> [WHAT YOU NEED TO DO]: Beginning at the top of the data below, write out every line exactly until you reach the line with "st final r q).0.sched_loop_active ≡ q.sched_loop_active", and include that line.

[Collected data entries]
· · · · · · ·

-- ===== src/Calls/Callers.antt =====
-- qmanager/modules/qmanager_callbacks.cpp: a backfill queue has its loop's iterator at an entry
-- through all calls but `pending_pop`.
use Prim.Native.String.{String}
use flux_sched.Common.{
  ℕ, ◌≡◌, ◌≢◌, refl, ◌∙◌, sym, subst, true, false, Bool, some, if_intro, Option-cases, Bool-cases,
  inl, inr, arith,
}
use flux_sched.OrdMap.{find, nat_key}
use flux_sched.Queue.Job.{Job, JobState, pending_key}
use flux_sched.Queue.State.{Queue, Reapi, failed, backfill, Backfill}
use flux_sched.Queue.Pending.{cancel_sched_loop}
use flux_sched.Queue.Provisional.{set_sched_loop_active}
use flux_sched.Queue.Frame.{
  remove_pending-Frame, reconsider_blocked_jobs-Frame, cancel_sched_loop-Frame,
}
use flux_sched.Queue.Frame.Calls.{insert_job-Frame, pending_reprioritize-Frame}
use flux_sched.Queue.Remove.{remove, remove_by_state, remove_found}
use flux_sched.Queue.Invariant.Remove.{IsSound}
use flux_sched.Policy.Dispatch.{
  run_sched_loop, run_sched_loop_of, Answer, success, failure, match_allocate_multi_cont,
  handle_match_success, handle_match_failure, handle_match_success_of, handle_match_failure_of,
}
use flux_sched.Calls.{Call, perform}
use flux_sched.Calls.Stability.{
  Stable, is_outside, perform-Stable, release-Stable, reconstruct-Stable, alloced_pop-Stable,
  rejected_pop-Stable,
}
use flux_sched.Calls.Iterator.{
  IsIterating, idle_lem, set_idle-IsIterating, handle_match_success_bf-IsIterating,
  handle_match_failure_bf-IsIterating, run_sched_loop_bf-IsIterating,
}

remove_found-active :
    (q : Queue) (api : Reapi) (id : ℕ) (j : Job) (st : JobState) (final : Bool) (r : String)
    → (remove_found api id j st final r q).0.sched_loop_active ≡ q.sched_loop_active
unfolding remove_found
remove_found-active q api id j JobState.pending final r = (remove_pending-Frame q id).active
remove_found-active q api id j JobState.alloc_running final r =
    (release-Stable q api j final r).active
remove_found-active q api id j JobState.running final r = (release-Stable q api j final r).active
remove_found-active q api id j _ final r = refl

remove-active :
    (q : Queue) (api : Reapi) (id : ℕ) (final : Bool) (r : String)
    → (remove api id final r q).0.sched_loop_active ≡ q.sched_loop_active
unfolding remove remove_by_state
remove-active q api id final r =
    let q1 : Queue = (remove_by_state api id final r q).0 in
    (reconsider_blocked_jobs-Frame (cancel_sched_loop q1).0).active
    ∙ (cancel_sched_loop-Frame q1).active
    ∙ (elim (Option-cases (find id q.jobs)) [
      | inl absent ↦ rw (absent, remove_by_state) refl
      | inr (j, found) ↦
          rw (found, remove_by_state) (remove_found-active q api id j j.state final r)
    ])

-- A loop starts by `run_sched_loop` alone.
outside-active :
    (api : Reapi) (q : Queue) (c : Call)
    → is_outside c ≡ true
    → c ≢ Call.run
    → (perform api c q).sched_loop_active ≡ q.sched_loop_active
unfolding perform is_outside
outside-active api q (Call.alloc j) out h = (insert_job-Frame q (some j)).active
outside-active api q (Call.hello j) out h =
    (reconstruct-Stable q api (record j { state = JobState.running })).active
outside-active api q (Call.free id final r) out h = remove-active q api id final r
outside-active api q (Call.cancel id) out h = (remove_pending-Frame q id).active
outside-active api q (Call.prioritize id p) out h = (pending_reprioritize-Frame q id p).active
outside-active api q Call.reconsider out h = (reconsider_blocked_jobs-Frame q).active
outside-active api q Call.run out h = absurd (h refl)
outside-active api q (Call.answer a) out h = absurd (cc)
outside-active api q Call.pop_pending out h = absurd (cc)
outside-active api q Call.pop_alloced out h = (alloced_pop-Stable q).active
outside-active api q Call.pop_rejected out h = (rejected_pop-Stable q).active

module _ (api : Reapi) (q : Queue) (b : Backfill) (class : q.derived ≡ backfill b) (s : IsSound q)
    (it : IsIterating q) where
  Stable-IsIterating : (q' : Queue) → q.sched_loop_active ≡ true → Stable q q' → IsIterating q'
  Stable-IsIterating q' active st b' class' active' =
      let (k, i, hit) = it b class active in
      (k, ground (arith, st.iter, class, class', i), rw (st.pending) hit)

  outside-IsIterating :
      (c : Call) → is_outside c ≡ true → c ≢ Call.run → IsIterating (perform api c q)
  outside-IsIterating c out h = elim (Bool-cases q.sched_loop_active) [
    | inl active ↦ Stable-IsIterating (perform api c q) active (perform-Stable api c q out active)
    | inr idle ↦ idle_lem (perform api c q) (outside-active api q c out h ∙ idle)
  ]

  answer-IsIterating : (a : Answer) → IsIterating (match_allocate_multi_cont api a q)
  unfolding match_allocate_multi_cont handle_match_success handle_match_failure
  answer-IsIterating (success m) =
      if_intro IsIterating (failed (handle_match_success api m q).1)
        (λ _.
          idle_lem (set_sched_loop_active false (handle_match_success api m q).0).0
            (set_idle-IsIterating (handle_match_success api m q).0))
        (λ _.
          subst (λ d. IsIterating (handle_match_success_of api m d q).0) (sym class)
            (handle_match_success_bf-IsIterating api m b q s it))
  answer-IsIterating (failure e) =
      subst (λ d. IsIterating (handle_match_failure_of api e d q).0) (sym class)
        (handle_match_failure_bf-IsIterating api e b q s it)

  run-IsIterating : IsIterating (run_sched_loop api q).0
  unfolding run_sched_loop
  run-IsIterating =
      subst (λ d. IsIterating (run_sched_loop_of api d q).0) (sym class)
        (run_sched_loop_bf-IsIterating api b q it)

  -- Of a sound backfill queue, every call other than pending_pop (and canceled_pop, which is no
  -- such call) keeps that the iterator of an active loop is at an entry of m_pending.
  pub perform-IsIterating : (c : Call) → c ≢ Call.pop_pending → IsIterating (perform api c q)
  unfolding perform is_outside
  perform-IsIterating (Call.answer a) h = answer-IsIterating a
  perform-IsIterating Call.run h = run-IsIterating
  perform-IsIterating Call.pop_pending h = absurd (h refl)
  perform-IsIterating (Call.alloc j) h = outside-IsIterating (Call.alloc j) refl (λ e. cc)
  perform-IsIterating (Call.hello j) h = outside-IsIterating (Call.hello j) refl (λ e. cc)
  perform-IsIterating (Call.free id final r) h =
      outside-IsIterating (Call.free id final r) refl (λ e. cc)
  perform-IsIterating (Call.cancel id) h = outside-IsIterating (Call.cancel id) refl (λ e. cc)
  perform-IsIterating (Call.prioritize id p) h =
      outside-IsIterating (Call.prioritize id p) refl (λ e. cc)
  perform-IsIterating Call.reconsider h = outside-IsIterating Call.reconsider refl (λ e. cc)
  perform-IsIterating Call.pop_alloced h = outside-IsIterating Call.pop_alloced refl (λ e. cc)
  perform-IsIterating Call.pop_rejected h = outside-IsIterating Call.pop_rejected refl (λ e. cc)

· · · · · · ·

> [OUTPUT]:
-- ===== src/Calls/Callers.antt =====
-- qmanager/modules/qmanager_callbacks.cpp: a backfill queue has its loop's iterator at an entry
-- through all calls but `pending_pop`.
use Prim.Native.String.{String}
use flux_sched.Common.{
  ℕ, ◌≡◌, ◌≢◌, refl, ◌∙◌, sym, subst, true, false, Bool, some, if_intro, Option-cases, Bool-cases,
  inl, inr, arith,
}
use flux_sched.OrdMap.{find, nat_key}
use flux_sched.Queue.Job.{Job, JobState, pending_key}
use flux_sched.Queue.State.{Queue, Reapi, failed, backfill, Backfill}
use flux_sched.Queue.Pending.{cancel_sched_loop}
use flux_sched.Queue.Provisional.{set_sched_loop_active}
use flux_sched.Queue.Frame.{
  remove_pending-Frame, reconsider_blocked_jobs-Frame, cancel_sched_loop-Frame,
}
use flux_sched.Queue.Frame.Calls.{insert_job-Frame, pending_reprioritize-Frame}
use flux_sched.Queue.Remove.{remove, remove_by_state, remove_found}
use flux_sched.Queue.Invariant.Remove.{IsSound}
use flux_sched.Policy.Dispatch.{
  run_sched_loop, run_sched_loop_of, Answer, success, failure, match_allocate_multi_cont,
  handle_match_success, handle_match_failure, handle_match_success_of, handle_match_failure_of,
}
use flux_sched.Calls.{Call, perform}
use flux_sched.Calls.Stability.{
  Stable, is_outside, perform-Stable, release-Stable, reconstruct-Stable, alloced_pop-Stable,
  rejected_pop-Stable,
}
use flux_sched.Calls.Iterator.{
  IsIterating, idle_lem, set_idle-IsIterating, handle_match_success_bf-IsIterating,
  handle_match_failure_bf-IsIterating, run_sched_loop_bf-IsIterating,
}

remove_found-active :
    (q : Queue) (api : Reapi) (id : ℕ) (j : Job) (st : JobState) (final : Bool) (r : String)
    → (remove_found api id j st final r q).0.sched_loop_active ≡ q.sched_loop_active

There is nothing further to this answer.